Que la verdadera lucha debería centrarse en transformar ‘el mundo
real’. Que la lengua sólo refleja relaciones que son
‘extralingüísticas’. Que modificar la lengua ‘por la fuerza’
sólo es una cuestión de ‘corrección política’ que desvía la
atención del problema central y hasta lo enmascara. Pero les
lecteres que hayan llegado a este punto habrán atravesado media nota
escrita de forma tradicional y media nota escrita con lenguaje
inclusivo, de modo que además de toda la evidencia expuesta sobre la
relación entre lengua y pensamiento, podrán evaluar también cuán
traumática ha sido (o no) la experiencia, y preguntarse dónde ancla
verdaderamente el origen de esa resistencia, de esa desesperación
por preservar intacta la lengua.
Mientras
tanto, la disputa por el lenguaje continúa. Y de todas las formas
que puede tomar este problema, acaso la más emblemática sea el uso
de falsos genéricos, es decir, términos exclusivamente masculinos o
femeninos, utilizados genéricamente para representar tanto a hombres
como a mujeres, como cuando decimos ‘los científicos’:
técnicamente podríamos estar refiriéndonos a científiques
(varones, mujeres, etc.), aunque también diríamos ‘los
científicos’ si quisiéramos referirnos sólo a los que son
varones. En cambio, sólo usaríamos ‘las científicas’ para
hablar de las que son mujeres.
Marlis
Hellinger y Hadumod Bußmann explican que
la mayoría de los falsos genéricos son masculinos y que los únicos
idiomas conocidos en los que el genérico es femenino están en
algunas lenguas iroquesas (Seneca y Oneida), así como algunas
lenguas aborígenes australianas. En castellano, incluso
los sustantivos
comunes en cuanto al género,
como ‘artista’ o ‘turista’, que se mantienen invariables sin
importar si se refieren a un varón o una mujer, acaban señalando el
género de lo que nombran a partir de las otras palabras que los
complementan (adjetivos, artículos, etc.). Entonces, de nuevo, para
referirnos a grupos mixtos, recurrimos al género que los nombra sólo
a ellos. Tal vez los únicos genéricos genuinos que tenemos sean los
llamados sustantivos
epicenos como,
por ejemplo, ‘persona’ o ‘individuo’, que no sólo van a
mantenerse invariables (no hay ni persono ni individua) sino que ni
siquiera tienen la posibilidad de marcar el género en el adjetivo
(porque aunque una persona sea varón, nunca será ‘persona
cuidadoso’, ni la mujer será ‘individuo cuidadosa’).
Pero
un poco como lo que comentábamos arriba, un genérico con sesgo
machista puede suponer un problema incluso más difícil de
visibilizar y ‘subvertir’. Un hit argentino en
este sentido es el debate por la palabra presidente:
Una nota de
Patricia Kolesnikov recupera
un breve diálogo en una mesa, en la cual un señor explicaba por qué
está mal decir presidenta.
Las razones gramaticales del señor eran inapelables: “Presidente
es como cantante.
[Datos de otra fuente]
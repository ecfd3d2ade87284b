-- ===== src/Yenc/RoundTrip/Lines.antt =====
-- One encoded line, and what the decoder's `fetch` makes of it.
use nksrv.Base.{
  ℕ, zero, suc, ◌+◌, ◌%◌, ◌≤◌, ◌<◌, ◌≡◌, refl, sym, ap, ◌∙◌, Bool, false, [], ◌∷◌, ◌++◌, Bytes, map,
  leb, ◌==◌, if◌then◌else◌, length, append_assoc, append-nil, length-append, All, All-append, arith,
  Bool-cases, inl, inr,
}
use nksrv.BufReader.Stream.{byte}
use nksrv.BufReader.Until.{found}
use nksrv.BufReader.Until.Items.{upto}
use nksrv.Yenc.Encoder.{line_length, encode_byte, is_critical, shift, crlf}
use nksrv.Yenc.Stream.{stream, same}
use nksrv.Yenc.Decoder.{strip, decode_loop, is_keyword}

-- The rest of a line: its text without the line end, the bytes it stands for, and the bytes behind it.
pub record Cut : Type 0 where
  pub text : Bytes
  pub plain : Bytes
  pub after : Bytes

unfoldable pub cut : ℕ → Bytes → Cut
cut k [] = record { text = []; plain = []; after = [] }
cut k (c ∷ b) =
    let e = encode_byte k c in
    let t = cut (k + length e) b in
    if leb line_length (k + length e)
    then record { text = e; plain = c ∷ []; after = b }
    else record { text = e ++ t.text; plain = c ∷ t.plain; after = t.after }

-- No byte of a line is one of a line end.
abbrev pub IsText : Bytes → Type 0
IsText = All (λ c. ((c == b'\n') ≡ false) × ((c == b'\r') ≡ false))

abbrev pub IsBytes : Bytes → Type 0
IsBytes = All (λ c. c < 256)

-- What a line says of the bytes behind `k` bytes of it.
pub record IsCut (k : ℕ) (b : Bytes) (t : Cut) : Type 0 where
  pub parts : t.plain ++ t.after ≡ b
  pub is_text : IsText t.text
  pub short : k + length t.text ≤ 991
  pub bytes_after : IsBytes t.after
  pub decodes : decode_loop false t.text ≡ (t.plain, false)

IsText-encode_byte : (k c : ℕ) → IsText (encode_byte k c)
unfolding encode_byte
IsText-encode_byte k c = elim (Bool-cases (is_critical k (shift c))) [
  | inl e ↦ rw e ((refl, refl), ((ground arith, ground arith), tt))
  | inr e ↦ rw e ((ground arith, ground arith), tt)
]

decode-encode_byte :
    (k c : ℕ) (s : Bytes)
    → c < 256
    → decode_loop false (encode_byte k c ++ s) ≡ (let t = decode_loop false s in (c ∷ t.0, t.1))
unfolding encode_byte
decode-encode_byte k c s h = elim (Bool-cases (is_critical k (shift c))) [
  | inl e ↦ let v : ((shift c + 64) % 256 + 192 + 214) % 256 ≡ c = omega arith in rw e (rw v refl)
  | inr e ↦
      let v : (shift c + 214) % 256 ≡ c = omega arith in
      let n : (shift c == b'=') ≡ false = ground arith in rw (e, n) (rw v refl)
]

pub length-encode_byte : (k c : ℕ) → (length (encode_byte k c) ≤ 2) × (1 ≤ length (encode_byte k c))
unfolding encode_byte
length-encode_byte k c = elim (Bool-cases (is_critical k (shift c))) [
  | inl e ↦ rw e (omega arith, omega arith)
  | inr e ↦ rw e (omega arith, omega arith)
]

pub IsCut-cut : (k : ℕ) (b : Bytes) → k < line_length → IsBytes b → IsCut k b (cut k b)
unfolding cut
IsCut-cut k [] h i = record {
  parts = refl;
  is_text = tt;
  short = omega arith;
  bytes_after = tt;
  decodes = refl;
}
IsCut-cut k (c ∷ b) h (ic, i) =
    let e = encode_byte k c in
    let l = length-encode_byte k c in
    elim (Bool-cases (leb line_length (k + length e))) [
      | inl f ↦ rw f (record {
        parts = refl;
        is_text = IsText-encode_byte k c;
        short = omega (arith, l.0);
        bytes_after = i;
        decodes = ap (decode_loop false) (sym (append-nil e)) ∙ decode-encode_byte k c [] ic;
      })
      | inr f ↦
          let r = IsCut-cut (k + length e) b (ground arith) i in
          let t = (cut (k + length e) b) in
          rw f (record {
            parts = ap (λ p. c ∷ p) r.parts;
            is_text = All-append _ e t.text (IsText-encode_byte k c) r.is_text;
            short = omega (arith, r.short, length-append {0} e t.text);
            bytes_after = r.bytes_after;
            decodes =
                decode-encode_byte k c t.text ic
                ∙ ap (λ (p : Bytes × Bool). (c ∷ p.0, p.1)) r.decodes;
          })
    ]

pub stream-cut :
    (k : ℕ) (b : Bytes)
    → 0 < k + length b
    → (let t = cut k b in stream k b ≡ t.text ++ (crlf ++ stream 0 t.after))
unfolding stream cut
stream-cut k [] h = let n : (k == 0) ≡ false = ground arith in rw n refl
stream-cut k (c ∷ b) h =
    let e = encode_byte k c in
    let l = length-encode_byte k c in
    elim (Bool-cases (leb line_length (k + length e))) [
      | inl f ↦ rw f (append_assoc e crlf (stream 0 b))
      | inr f ↦
          let t = cut (k + length e) b in
          rw f (
            ap (λ s. e ++ s) (stream-cut (k + length e) b (omega (arith, l.1)))
            ∙ sym (append_assoc e t.text (crlf ++ stream 0 t.after)))
    ]

keyword-encode_byte : (k c : ℕ) (s : Bytes) → is_keyword (encode_byte k c ++ s) ≡ false
unfolding encode_byte
keyword-encode_byte k c s = elim (Bool-cases (is_critical k (shift c))) [
  | inl e ↦ rw e (ground arith)
  | inr e ↦ rw e (plain s (ground arith))
]
  where
    plain : (s : Bytes) → (shift c == b'=') ≡ false → is_keyword (shift c ∷ s) ≡ false
    plain [] n = refl
    plain (d ∷ s) n = rw n refl

pub keyword-cut : (k c : ℕ) (b s : Bytes) → is_keyword ((cut k (c ∷ b)).text ++ s) ≡ false
unfolding cut
keyword-cut k c b s =
    let e = encode_byte k c in
    elim (Bool-cases (leb line_length (k + length e))) [
      | inl f ↦ rw f (keyword-encode_byte k c s)
      | inr f ↦
          let t = cut (k + length e) b in
          rw f (rw append_assoc (keyword-encode_byte k c (t.text ++ s)))
    ]

pub plain-cut : (k c : ℕ) (b : Bytes) → 1 ≤ length (cut k (c ∷ b)).plain
unfolding cut
plain-cut k c b = elim (Bool-cases (leb line_length (k + length (encode_byte k c)))) [
  | inl f ↦ rw f (omega arith)
  | inr f ↦ rw f (omega arith)
]

-- `ReadUntil` takes a line with its end, where there is room for it.
pub upto-line :
    (room : ℕ) (text rest : Bytes)
    → IsText text
    → length text + 2 ≤ room
    → upto room b'\n' (map byte (text ++ (crlf ++ rest)))
      ≡ record { bytes = text ++ crlf; how = found; rest = map byte rest }
unfolding upto
upto-line zero text rest i h = absurd (omega arith)
upto-line (suc zero) text rest i h = absurd (omega arith)
upto-line (suc (suc room)) [] rest i h = refl
upto-line (suc (suc room)) (c ∷ text) rest ((n, _), i) h =
    rw n (rw (upto-line (suc room) text rest i (omega arith)) refl)

pub strip-end : (q : ℕ) (s : Bytes) → strip q (s ++ q ∷ []) ≡ s
strip-end q [] = rw (same q) refl
strip-end q (c ∷ []) = rw (same q) refl
strip-end q (c ∷ d ∷ s) = ap (λ t. c ∷ t) (strip-end q (d ∷ s))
Aunque parece un sustantivo es otro tipo de
palabra, un participio presente, o lo que quedó de los participios
presentes del latín. Una palabra que señala a quien hace la acción:
quien preside, quien canta. Justamente, no tiene género. ¿Vas a
decir la cantanta?” Kolesnikov cuenta que hubo un momento de duda
en la mesa, hasta que la escritora Claudia Piñeiro, con sabiduría
de pez que conoce el agua, respondió: “¿Y sirvienta tampoco
decís? ¿O presidenta no pero sirvienta sí?”
Anécdotas
como esta nos recuerdan que la lengua es maleable y que apoyar o
rechazar un uso disruptivo, que tiene por objeto reclamar derechos
larga e injustamente negados, es una decisión política, no
lingüística. Que si se busca un mundo más igualitario, la lengua
no es una clave mágica para conseguirlo, pero tampoco se lo puede
negar como espacio de disputa. Y que mientras las estadísticas de
femicidios crecen y el sueldo promedio de las
trabajadoras permanece por
debajo del de ellos, conviene no indignarse si alguien mancilla un
poquitito las blancas paredes del lenguaje.